Custom substructures JSON

PolyzyMD’s enzyme.custom_substructures_path loads JSON and passes it to Topology.from_pdb(..., _custom_substructures=...).

Warning

_custom_substructures is a private/experimental OpenFF API. Treat examples as proofs of concept or upstream-PR candidates, not as stable public OpenFF support.

Shape:

{
  "RESNAME": {
    "[SMARTS:1]": ["ATOM1"]
  }
}

Each residue name maps to SMARTS patterns, and each SMARTS pattern maps to the corresponding PDB atom names for that residue.

Charge diagnostics

Charge mismatch messages are blockers. They usually mean one of these is wrong:

  • protonation state or terminal hydrogen count

  • disulfide SG-HG or SG-SG bonding

  • residue atom naming

  • missing heavy atoms or missing residues

  • ambiguous TER, SSBOND, or CONECT records

  • a custom substructure that does not match the PDB atom graph

Acceptable fixes are chemically explicit: curate the PDB, correct hydrogens and connectivity, model missing atoms when scientifically justified, or document a narrow custom-substructure proof of concept.
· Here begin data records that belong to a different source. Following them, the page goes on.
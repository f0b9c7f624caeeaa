-- ===== src/Frame/Envelope.antt =====
-- The frame envelope of src/frame.c: parsing one frame, writing one, and building one in place.
use beaver_mq.Prelude.{
  ℕ, ◌+◌, ◌-◌, ◌*◌, ◌/◌, ◌%◌, ◌^◌, Bool, true, not, Bytes, length, set, take, drop, ltb, ◌==◌,
  if◌then◌else◌,
}
use beaver_mq.Frame.Reader.{byte, be16, be32}
use beaver_mq.Frame.Buffer.{Buf, put_u8, put_u16, put_u32, put_bytes}

-- BMQP_FRAME_HEADER_SIZE, BMQP_FRAME_END, BMQP_MAX_FRAME_PAYLOAD
abbrev pub header_size : ℕ
header_size = 7

abbrev pub frame_end : ℕ
frame_end = 0xce

abbrev pub max_frame_payload : ℕ
max_frame_payload = 16 * 1024 * 1024

-- bmqp_frame_header_t
pub record FrameHeader : Type 0 where
  pub type : ℕ
  pub channel : ℕ
  pub payload_len : ℕ

-- The return value: 0, -1, or the bytes consumed with what the out parameters get. The payload is
-- the `payload_len` bytes from `*out_payload` on.
pub data Parsed : Type 0 where
  incomplete bad : Parsed
  frame : FrameHeader → Bytes → ℕ → Parsed

abbrev pub parse_header : Bytes → FrameHeader
parse_header buf = record { type = byte buf 0; channel = be16 buf 1; payload_len = be32 buf 3 }

-- `buf` is `buf[0..len)`. `total` is at most 2^24 + 8, so no addition wraps.
unfoldable pub frame_parse : Bytes → Parsed
frame_parse buf =
    let h = parse_header buf in
    let total = header_size + h.payload_len + 1 in
    if ltb (length buf) header_size
    then incomplete
    else if ltb max_frame_payload h.payload_len
    then bad
    else if ltb (length buf) total
    then incomplete
    else if not (byte buf (total - 1) == frame_end)
    then bad
    else frame h (take h.payload_len (drop header_size buf)) total

-- the four stores of the length field
abbrev pub patch_len : Bytes → ℕ → ℕ → Bytes
patch_len bs lp n =
    let bs1 = set bs lp (n / 2 ^ 24 % 256) in
    let bs2 = set bs1 (lp + 1) (n / 2 ^ 16 % 256) in
    let bs3 = set bs2 (lp + 2) (n / 2 ^ 8 % 256) in set bs3 (lp + 3) (n % 256)

module _ (alloc : ℕ → Bool) where
  unfoldable pub frame_write : Buf → ℕ → ℕ → Bytes → Buf
  unfolding put_u8 put_u16 put_u32 put_bytes
  frame_write out type channel payload =
      let b1 = put_u8 alloc out type in
      let b2 = put_u16 alloc b1 channel in
      let b3 = put_u32 alloc b2 (length payload % 2 ^ 32) in
      let b4 = put_bytes alloc b3 payload in put_u8 alloc b4 frame_end

  unfoldable pub frame_begin : Buf → ℕ → ℕ → Buf × ℕ
  unfolding put_u8 put_u16 put_u32
  frame_begin out type channel =
      let b = put_u32 alloc (put_u16 alloc (put_u8 alloc out type) channel) 0 in (b, length b.bytes)

  unfoldable pub frame_finish : Buf → ℕ → Buf
  unfolding put_u8
  frame_finish out payload_start =
      let payload_len = (length out.bytes + 2 ^ 64 - payload_start) % 2 ^ 64 in
      if out.error
      then out
      else if ltb 0xffff_ffff payload_len
      then record out { error = true }
      else put_u8 alloc (record out { bytes = patch_len out.bytes (payload_start - 4) payload_len })
          frame_end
Do not suppress the error.

Running error catalog

Exact signature

Likely cause

Diagnostic

Acceptable fix

Caveats

Molecule has more/fewer total formal charges than the matched substructure

OpenFF matched a residue graph whose formal charge differs from the PDB graph

Inspect the named residue’s atom list, bonds, hydrogens, TER records, and disulfide records

Correct residue chemistry or use a reviewed custom substructure proof of concept

Do not ignore; private custom substructures are not stable API

Error dump names CYS#0001, terminal H, or N-terminal cysteine/cystine

N-terminal cysteine has terminal hydrogens plus disulfide chemistry that does not match OpenFF’s template

Check SG-HG absence, SG-SG bond, N-terminal hydrogens, and residue naming

Curate the cystine or test a structure-specific NCYX custom substructure

Seen in 4CHA proof of concept; not universal

Renaming disulfide cysteine to CYX does not resolve ingestion

CYX aliasing is not equivalent to a complete public template for all contexts

Validate direct OpenFF ingestion and inspect charge mismatch

Fix connectivity/hydrogens or prepare an upstream OpenFF issue/PR

Avoid relying on residue rename alone

Failure adjacent to residues listed in REMARK 465

Missing-coordinate residues or missing heavy atoms alter termini or local chemistry

Read PDB header and visualize gaps

Model missing regions externally if required for the study

Automatic filling is a modeling decision

Catalog maintenance rule

When a new OpenFF PDB ingestion error is diagnosed, update this table and Troubleshoot OpenFF PDB ingestion with the exact error text, likely cause, diagnostic command, acceptable fix, and caveats before closing the task unless the user explicitly defers the durable documentation update.